* _Problem_: Only the lines from the top of the following listing through the line with "is not nil." belong in your answer, exactly as written.

* _Data provided_:

__________________________________________________

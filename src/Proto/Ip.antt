-- ===== src/Proto/Ip.antt =====
-- Addresses and node identities: internal/proto/base.go (AddressKind, IP, copyIP) and
-- internal/proto/node.go (NodeHash). Bytes and address kinds are uint8 values, kept as numbers.
pub mod Equal
use eswim.Base.{
  ℕ, ◌==◌, Bool, ◌&&◌, ◌||◌, List, [], ◌++◌, length, take, drop, replicate, if◌then◌else◌,
  bytes_equal, ℕ_discrete,
}

abbrev pub address_ipv4 : ℕ
address_ipv4 = 0

abbrev pub address_ipv6 : ℕ
address_ipv6 = 1

-- `AddressKind.Size`: every kind other than IPv4 takes sixteen bytes.
unfoldable pub kind_size : ℕ → ℕ
kind_size kind = if kind == address_ipv4 then 4 else 16

pub record Ip : Type 0 where
  pub address_kind : ℕ
  pub address_bytes : List ℕ

-- Go's zero value: kind 0 and sixteen zero bytes.
abbrev pub zero_ip : Ip
zero_ip = record { address_kind = 0; address_bytes = replicate 16 0 }

unfoldable pub size : Ip → ℕ
unfolding kind_size
size ip = kind_size ip.address_kind

unfoldable pub bytes : Ip → List ℕ
unfolding size
bytes ip = take (size ip) ip.address_bytes

-- `IP.Equal` at a pointer that is not nil.
unfoldable pub equal : Ip → Ip → Bool
equal i o = o.address_kind == i.address_kind && bytes_equal i.address_bytes o.address_bytes

-- Go's `copy(into, from)`: as many bytes as both hold; the result is the new content of `into`.
unfoldable pub copy : List ℕ → List ℕ → List ℕ
copy into from = take (length into) from ++ drop (length from) into

-- `copyIP(dst, src)`: `dst` is cleared first, so its old content is gone.
unfoldable pub copy_ip : Ip → Ip
unfolding copy bytes
copy_ip src = record {
  address_kind = src.address_kind;
  address_bytes = copy (replicate 16 0) (bytes src);
}

-- `fsmCopyIP`, with the payload of the machine.
unfoldable pub fsm_copy_ip : List ℕ → Ip → Ip
unfolding copy size
fsm_copy_ip payload into = record into {
  address_bytes = copy into.address_bytes (take (size into) payload);
}

-- `NodeHash` wraps a `netip.Addr`, which is its zero value or holds four or sixteen bytes.
pub data NodeHash : Type 0 where
  hash_zero : NodeHash
  addr : List ℕ → NodeHash

unfoldable pub NodeHash-discrete : Discrete NodeHash
NodeHash-discrete = hlevel ℕ_discrete

-- `netip.AddrFromSlice`: any other length gives the zero value.
unfoldable pub addr_from_slice : List ℕ → NodeHash
addr_from_slice slice = if length slice == 4 || length slice == 16 then addr slice else hash_zero

unfoldable pub into_hash : Ip → NodeHash
unfolding bytes addr_from_slice
into_hash ip = addr_from_slice (bytes ip)
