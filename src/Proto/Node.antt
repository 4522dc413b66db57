-- ===== src/Proto/Node.antt =====
-- A cluster member: internal/proto/node.go.
use eswim.Base.{ℕ, ◌+◌, Bool}
use eswim.Proto.Ip.{Ip, NodeHash, into_hash, size}

pub record Node : Type 0 where
  pub suspect : Bool
  pub incarnation : ℕ  -- uint16
  pub address : Ip

unfoldable pub hash : Node → NodeHash
hash n = into_hash n.address

unfoldable pub required_size : Node → ℕ
required_size n = 3 + size n.address
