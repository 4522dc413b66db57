-- ===== src/Proto/Event.antt =====
-- Events about a node: internal/proto/event.go, the structs of internal/proto/event_*.go, and the
-- kinds of internal/proto/base.go. The interface EventEncoder is a data type with a constructor for
-- each struct that implements it.
pub mod JoinDecoder
pub mod HealthyDecoder
pub mod SuspectDecoder
pub mod FaultyDecoder
pub mod LeftDecoder
pub mod AliveDecoder
pub mod WrapDecoder
pub mod Setters
use eswim.Base.{ℕ, ◌+◌}
use eswim.Proto.Ip.{Ip, address_ipv4, size, copy_ip}
use eswim.Proto.Node.{Node}

pub data EventKind : Type 0 where
  kind_join kind_healthy kind_suspect kind_faulty kind_left kind_alive kind_wrap : EventKind

pub record Join : Type 0 where
  pub source : Ip
  pub subject : Ip
  pub incarnation : ℕ  -- uint16

pub record Healthy : Type 0 where
  pub source : Ip
  pub subject : Ip
  pub incarnation : ℕ  -- uint16

pub record Suspect : Type 0 where
  pub source : Ip
  pub subject : Ip
  pub incarnation : ℕ  -- uint16

pub record Faulty : Type 0 where
  pub source : Ip
  pub subject : Ip
  pub incarnation : ℕ  -- uint16

pub record Left : Type 0 where
  pub subject : Ip
  pub incarnation : ℕ  -- uint16

pub record Alive : Type 0 where
  pub subject : Ip
  pub incarnation : ℕ  -- uint16

pub record Wrap : Type 0 where
  pub subject : Ip
  pub incarnation : ℕ  -- uint16
  pub new_incarnation : ℕ  -- uint16

pub data Event : Type 0 where
  join : Join → Event
  healthy : Healthy → Event
  suspect : Suspect → Event
  faulty : Faulty → Event
  left : Left → Event
  alive : Alive → Event
  wrap : Wrap → Event

unfoldable pub event_kind : Event → EventKind
event_kind (join p) = kind_join
event_kind (healthy p) = kind_healthy
event_kind (suspect p) = kind_suspect
event_kind (faulty p) = kind_faulty
event_kind (left p) = kind_left
event_kind (alive p) = kind_alive
event_kind (wrap p) = kind_wrap

unfoldable pub get_incarnation : Event → ℕ
get_incarnation (join p) = p.incarnation
get_incarnation (healthy p) = p.incarnation
get_incarnation (suspect p) = p.incarnation
get_incarnation (faulty p) = p.incarnation
get_incarnation (left p) = p.incarnation
get_incarnation (alive p) = p.incarnation
get_incarnation (wrap p) = p.incarnation

unfoldable pub get_subject : Event → Ip
get_subject (join p) = p.subject
get_subject (healthy p) = p.subject
get_subject (suspect p) = p.subject
get_subject (faulty p) = p.subject
get_subject (left p) = p.subject
get_subject (alive p) = p.subject
get_subject (wrap p) = p.subject

unfoldable pub source_address_kind : Event → ℕ
source_address_kind (join p) = p.source.address_kind
source_address_kind (healthy p) = p.source.address_kind
source_address_kind (suspect p) = p.source.address_kind
source_address_kind (faulty p) = p.source.address_kind
source_address_kind (left p) = address_ipv4
source_address_kind (alive p) = address_ipv4
source_address_kind (wrap p) = address_ipv4

unfoldable pub subject_address_kind : Event → ℕ
unfolding get_subject
subject_address_kind e = (get_subject e).address_kind

-- `RequiredSize` of each payload.
unfoldable pub payload_size : Event → ℕ
payload_size (join p) = 2 + size p.source + size p.subject
payload_size (healthy p) = 2 + size p.subject + size p.source
payload_size (suspect p) = 2 + size p.source + size p.subject
payload_size (faulty p) = 2 + size p.source + size p.subject
payload_size (left p) = 2 + size p.subject
payload_size (alive p) = 2 + size p.subject
payload_size (wrap p) = 4 + size p.subject

-- `Event.RequiredSize`: one byte of flags and the payload.
unfoldable pub required_size : Event → ℕ
required_size e = 1 + payload_size e
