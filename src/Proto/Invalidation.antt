-- ===== src/Proto/Invalidation.antt =====
-- Which event overrides which: the seven Invalidates methods of internal/proto/invalidation.go. A
-- `switch` there names each kind, so its final panic cannot be reached.
pub mod Order
use eswim.Base.{ℕ, Bool, true, false, ltb, leb}
use eswim.Proto.Event.{
  EventKind, kind_join, kind_healthy, kind_suspect, kind_faulty, kind_left, kind_alive, kind_wrap,
  Join, Healthy, Suspect, Faulty, Left, Alive, Wrap, Event, join, healthy, suspect, faulty, left,
  alive, wrap, event_kind, get_incarnation,
}

-- `i > j` and `i >= j`
abbrev newer : ℕ → ℕ → Bool
newer i j = ltb j i

abbrev newer_or_same : ℕ → ℕ → Bool
newer_or_same i j = leb j i

alive_invalidates : Alive → Event → Bool
alive_invalidates a current = newer a.incarnation (get_incarnation current)

suspect_switch : EventKind → ℕ → ℕ → Bool
suspect_switch kind_suspect i j = newer i j
suspect_switch kind_faulty i j = newer i j
suspect_switch kind_left i j = newer i j
suspect_switch _ i j = newer_or_same i j

suspect_invalidates : Suspect → Event → Bool
unfolding suspect_switch
suspect_invalidates s current =
    suspect_switch (event_kind current) s.incarnation (get_incarnation current)

faulty_invalidates : Faulty → Event → Bool
faulty_invalidates f current = true

join_switch : EventKind → ℕ → ℕ → Bool
join_switch kind_faulty i j = false
join_switch _ i j = newer i j

join_invalidates : Join → Event → Bool
unfolding join_switch
join_invalidates p current =
    join_switch (event_kind current) p.incarnation (get_incarnation current)

healthy_switch : EventKind → ℕ → ℕ → Bool
healthy_switch kind_suspect i j = newer_or_same i j
healthy_switch kind_join i j = newer_or_same i j
healthy_switch kind_faulty i j = false
healthy_switch _ i j = newer i j

healthy_invalidates : Healthy → Event → Bool
unfolding healthy_switch
healthy_invalidates h current =
    healthy_switch (event_kind current) h.incarnation (get_incarnation current)

left_switch : EventKind → ℕ → ℕ → Bool
left_switch kind_left i j = newer i j
left_switch kind_faulty i j = false
left_switch _ i j = newer_or_same i j

left_invalidates : Left → Event → Bool
unfolding left_switch
left_invalidates l current =
    left_switch (event_kind current) l.incarnation (get_incarnation current)

wrap_switch : EventKind → ℕ → ℕ → Bool
wrap_switch kind_left i j = newer i j
wrap_switch kind_wrap i j = newer i j
wrap_switch kind_faulty i j = false
wrap_switch _ i j = newer_or_same i j

wrap_invalidates : Wrap → Event → Bool
unfolding wrap_switch
wrap_invalidates w current =
    wrap_switch (event_kind current) w.incarnation (get_incarnation current)

-- The dynamic dispatch of `item.Payload.(Invalidator).Invalidates(existing)`.
unfoldable pub invalidates : Event → Event → Bool
unfolding alive_invalidates suspect_invalidates faulty_invalidates join_invalidates
    healthy_invalidates left_invalidates wrap_invalidates event_kind get_incarnation
invalidates (alive a) current = alive_invalidates a current
invalidates (suspect s) current = suspect_invalidates s current
invalidates (faulty f) current = faulty_invalidates f current
invalidates (join p) current = join_invalidates p current
invalidates (healthy h) current = healthy_invalidates h current
invalidates (left l) current = left_invalidates l current
invalidates (wrap w) current = wrap_invalidates w current
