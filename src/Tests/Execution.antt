-- ===== src/Tests/Execution.antt =====
-- The theorem of Execution at a concrete input: a client that sends only to one URL, and gets the
-- body back.
use relayra.Prelude.{
  String, ◌≡◌, refl, Option, none, some, [], ◌∷◌, inl, inr, ◌==ₛ◌, if◌then◌else◌, false,
}
use relayra.Models.{RelayRequest, RelayResult, RequestStatus}
use relayra.Execution.{Client, Response, execute_request}
use relayra.Execution.Answers.{Answers}

abbrev body_of : Option String → String
body_of none = ""
body_of (some body) = body

abbrev response : String → Response
response body = record {
  status_code = 200;
  header = ("Empty", []) ∷ ("Via", "a" ∷ "b" ∷ []) ∷ [];
  body = inr body;
}

abbrev client : Client
client = record {
  Http = String;
  new_request =
      λ method url body. if url ==ₛ "/echo" then inr (body_of body) else inl "no such URL";
  set = λ http k v. http;
  send = λ timeout http. inr (response http);
}

abbrev request : String → RelayRequest
request url = record {
  id = "r1";
  destination_id = "p1";
  webhook_url = "";
  async = false;
  request = record { url = url; method = "POST"; headers = ("Accept", "*") ∷ []; body = "hi" };
  status = RequestStatus.executing;
  created_at = 0;
}

abbrev result : String → RelayResult
result url = execute_request client (request url) 30 5 100

echoed :
    (result "/echo").body ≡ "hi"
    × (result "/echo").error ≡ ""
    × (result "/echo").headers ≡ ("Via", "a") ∷ []
unfolding execute_request
echoed = (refl, refl, refl)

not_made : (result "/").error ≡ "create request: no such URL"
unfolding execute_request
not_made = refl
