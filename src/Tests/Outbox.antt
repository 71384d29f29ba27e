-- ===== src/Tests/Outbox.antt =====
-- The theorems of Store/Outbox at concrete inputs.
use relayra.Prelude.{◌≡◌, refl, [], ◌∷◌, ap, arith}
use relayra.Errors.{ok}
use relayra.Models.{WsType}
use relayra.Redis.Actions.{calm, run_all}
use relayra.Redis.Objects.{rank, unrank}
use relayra.Store.Outbox.{
  append_ws_outbox, list_ws_outbox, ack_ws_outbox_through, reset_ws_outbox, message_of, message_key,
  append_script,
}
use relayra.Store.Outbox.Contiguous.{IsContiguous, append_ws_outbox-IsContiguous}
use relayra.Store.Outbox.Gaps.{Consecutive, list_ws_outbox-Consecutive}
use relayra.Store.Outbox.Repair.{
  messages, list_ws_outbox-messages, reset_ws_outbox-IsContiguous, reset-append-list,
}
use relayra.Store.Outbox.Ack.{ack_ws_outbox_through-IsContiguous}
use relayra.Tests.Memory.{Memory, empty, memory}

abbrev pub two_messages : Memory
two_messages =
    let d1 = run_all memory.write (append_script "s" WsType.push_request "r1" [] 5 empty).0 empty in
    run_all memory.write (append_script "s" WsType.push_request "r2" [] 6 d1).0 d1

pub two_messages-IsContiguous : IsContiguous two_messages "s" 0 2
unfolding rank unrank
two_messages-IsContiguous = record { index = refl; counter = refl; stored = (refl, (refl, tt)) }

append_ws_outbox-IsContiguous_example :
    (e : Memory) × (append_ws_outbox "s" WsType.push_request "r3" [] 7 (calm two_messages)
      ≡ (ok 3, calm e))
    × IsContiguous e "s" 0 3
    × (message_of "s" 3 (e (message_key "s" 3)) ≡ record {
      scope = "s";
      seq = 3;
      type = WsType.push_request;
      ref_id = "r3";
      payload = [];
      created_at = 7;
    })
append_ws_outbox-IsContiguous_example =
    append_ws_outbox-IsContiguous two_messages "s" 0 2 WsType.push_request "r3" [] 7
      two_messages-IsContiguous

list_ws_outbox-Consecutive_example : Consecutive 1 (messages two_messages "s" 0 2)
list_ws_outbox-Consecutive_example =
    list_ws_outbox-Consecutive "s" 0 10 (calm two_messages) (messages two_messages "s" 0 2) (
      ap (λ r. r.0)
        (list_ws_outbox-messages two_messages "s" 0 2 10 (omega arith) two_messages-IsContiguous))

list_ws_outbox-messages_example :
    list_ws_outbox "s" 0 1 (calm two_messages)
    ≡ (ok (messages two_messages "s" 0 1), calm two_messages)
list_ws_outbox-messages_example =
    list_ws_outbox-messages two_messages "s" 0 2 1 (omega arith) two_messages-IsContiguous

reset_ws_outbox-IsContiguous_example :
    (e : Memory) × (reset_ws_outbox "s" 9 7 (calm two_messages) ≡ (ok tt, calm e))
    × IsContiguous e "s" 9 0
reset_ws_outbox-IsContiguous_example = reset_ws_outbox-IsContiguous two_messages "s" 9 7

reset-append-list_example :
    (e : Memory) × (f : Memory) × (reset_ws_outbox "s" 9 7 (calm two_messages) ≡ (ok tt, calm e))
    × (append_ws_outbox "s" WsType.push_request "r3" [] 8 (calm e) ≡ (ok 10, calm f))
    × (list_ws_outbox "s" 9 5 (calm f) ≡ (
      ok (
          record {
            scope = "s";
            seq = 10;
            type = WsType.push_request;
            ref_id = "r3";
            payload = [];
            created_at = 8;
          }
          ∷ []),
      calm f,
    ))
reset-append-list_example =
    reset-append-list two_messages "s" 9 7 5 WsType.push_request "r3" [] 8 (omega arith)

ack_ws_outbox_through-IsContiguous_example :
    (e : Memory) × (ack_ws_outbox_through "s" 1 (calm two_messages)
      ≡ (ok (messages two_messages "s" 0 1), calm e))
    × IsContiguous e "s" 1 1
ack_ws_outbox_through-IsContiguous_example =
    ack_ws_outbox_through-IsContiguous two_messages "s" 0 1 1 two_messages-IsContiguous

__________________________________________________

* _Answer for this exercise_:
filename src/Proto/Ip.antt
-- ===== src/Proto/Ip.antt =====
-- Addresses and node identities: internal/proto/base.go (AddressKind, IP, copyIP) and
-- internal/proto/node.go (NodeHash). Bytes and address kinds are uint8 values, kept as numbers.
pub mod Equal
use eswim.Base.{
  ℕ, ◌==◌, Bool, ◌&&◌, ◌||◌, List, [], ◌++◌, length, take, drop, replicate, if◌then◌else◌,
  bytes_equal, ℕ_discrete,
}

abbrev pub address_ipv4 : ℕ
address_ipv4 = 0

abbrev pub address_ipv6 : ℕ
address_ipv6 = 1

-- `AddressKind.Size`: every kind other than IPv4 takes sixteen bytes.
unfoldable pub kind_size : ℕ → ℕ
kind_size kind = if kind == address_ipv4 then 4 else 16

pub record Ip : Type 0 where
  pub address_kind : ℕ
  pub address_bytes : List ℕ

-- Go's zero value: kind 0 and sixteen zero bytes.
abbrev pub zero_ip : Ip
zero_ip = record { address_kind = 0; address_bytes = replicate 16 0 }

unfoldable pub size : Ip → ℕ
unfolding kind_size
size ip = kind_size ip.address_kind

unfoldable pub bytes : Ip → List ℕ
unfolding size
bytes ip = take (size ip) ip.address_bytes

-- `IP.Equal` at a pointer that is not nil.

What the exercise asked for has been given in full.